## To do
List, from the lines below, each one with "some" in it.

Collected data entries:
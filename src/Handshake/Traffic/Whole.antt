-- ===== src/Handshake/Traffic/Whole.antt =====
-- What the probe sends on the bus, from its start to its exit.
use oukitel_rt7_linux.Prelude.{
  ℕ, zero, suc, ◌≡◌, inl, inr, Bool, true, false, [], Option, none, some, Result, ok, err, All,
  nat_eq, Bool-cases,
}
use oukitel_rt7_linux.Prelude.Exec.{Keeps, Keeps-pure, Keeps-raise, Keeps-bind, Keeps-attempt, lift}
use oukitel_rt7_linux.Handshake.Usb.{Usb, World, Exception, Device}
use oukitel_rt7_linux.Handshake.Probe.{
  Platform, load_backend, enable_usbdk, exit_code, probe_device, probe_found, try_probe, exit_of,
  main,
}
use oukitel_rt7_linux.Handshake.Traffic.{IsProbeCall, OnlyProbes, print-OnlyProbes}
use oukitel_rt7_linux.Handshake.Traffic.Setup.{
  prepare_configuration-OnlyProbes, print_summary-OnlyProbes, claim_interface-OnlyProbes,
  configure_cdc-OnlyProbes,
}
use oukitel_rt7_linux.Handshake.Traffic.Rounds.{
  run_handshake-OnlyProbes, wait_for_transport-OnlyProbes,
}

module _ (usb : Usb) where
  ruleset rules = (Keeps-pure, Keeps-raise, Keeps-bind, Keeps-attempt, print-OnlyProbes)

  enable_usbdk-OnlyProbes : (o : Option ℕ) → Keeps (OnlyProbes usb) (enable_usbdk usb o)
  enable_usbdk-OnlyProbes none = search rules
  enable_usbdk-OnlyProbes (some zero) = search rules
  enable_usbdk-OnlyProbes (some (suc n)) = search rules

  load_backend-OnlyProbes :
      (platform : Platform) → Keeps (OnlyProbes usb) (load_backend usb platform)
  unfolding load_backend
  load_backend-OnlyProbes platform = elim (Bool-cases platform.has_backend) [
    | inr e ↦ rw e (search rules)
    | inl e ↦ elim (Bool-cases platform.win32) [
      | inr e' ↦ rw (e, e') (search rules)
      | inl e' ↦ rw (e, e') (enable_usbdk-OnlyProbes platform.set_option)
    ]
  ]

  exit_code-OnlyProbes : (good : Bool) → Keeps (OnlyProbes usb) (exit_code usb good)
  exit_code-OnlyProbes true = search rules
  exit_code-OnlyProbes false = search rules

  lift-OnlyProbes : {A : Type 0} (r : Result Exception A) → Keeps (OnlyProbes usb) (lift r)
  lift-OnlyProbes r = record { keeps = λ w h. h }

  probe_device-OnlyProbes : (device : Device) → Keeps (OnlyProbes usb) (probe_device usb device)
  unfolding probe_device
  probe_device-OnlyProbes device =
      search
        (
          Keeps-bind, lift-OnlyProbes, print-OnlyProbes, prepare_configuration-OnlyProbes,
          print_summary-OnlyProbes, claim_interface-OnlyProbes, configure_cdc-OnlyProbes,
          run_handshake-OnlyProbes, exit_code-OnlyProbes,
        )
        depth 20

  try_probe-OnlyProbes :
      (platform : Platform) (timeout interval : ℕ)
      → Keeps (OnlyProbes usb) (try_probe usb platform timeout interval)
  unfolding try_probe
  try_probe-OnlyProbes platform timeout interval =
      Keeps-bind (OnlyProbes usb) _ _ (load_backend-OnlyProbes platform) λ _.
        Keeps-bind (OnlyProbes usb) _ _ (wait_for_transport-OnlyProbes usb timeout interval) found
    where
      found : (o : Option Device) → Keeps (OnlyProbes usb) (probe_found usb o)
      found none = search rules
      found (some device) = probe_device-OnlyProbes device

  exit_of-OnlyProbes : (r : Result Exception (Option ℕ)) → Keeps (OnlyProbes usb) (exit_of usb r)
  exit_of-OnlyProbes (ok code) = search rules
  exit_of-OnlyProbes (err _) = search rules

  -- Whatever the bus, the platform and the times, a probe that begins with an empty trace makes no
  -- bulk write but of single start bytes, and no control transfer but the two that set up the line.
  pub main-OnlyProbes :
      (platform : Platform) (timeout interval : ℕ) (w : World usb.Bus)
      → w.trace ≡ []
      → All IsProbeCall (main usb platform timeout interval w).1.trace
  unfolding main
  main-OnlyProbes platform timeout interval w fresh =
      let keeps : Keeps (OnlyProbes usb) (main usb platform timeout interval) =
        search (rules, try_probe-OnlyProbes, exit_of-OnlyProbes) in
      keeps.keeps w (rw fresh tt)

## Answer box
  ℕ, zero, suc, ◌≡◌, inl, inr, Bool, true, false, [], Option, none, some, Result, ok, err, All,
  enable_usbdk-OnlyProbes (some zero) = search rules
  enable_usbdk-OnlyProbes (some (suc n)) = search rules
      found (some device) = probe_device-OnlyProbes device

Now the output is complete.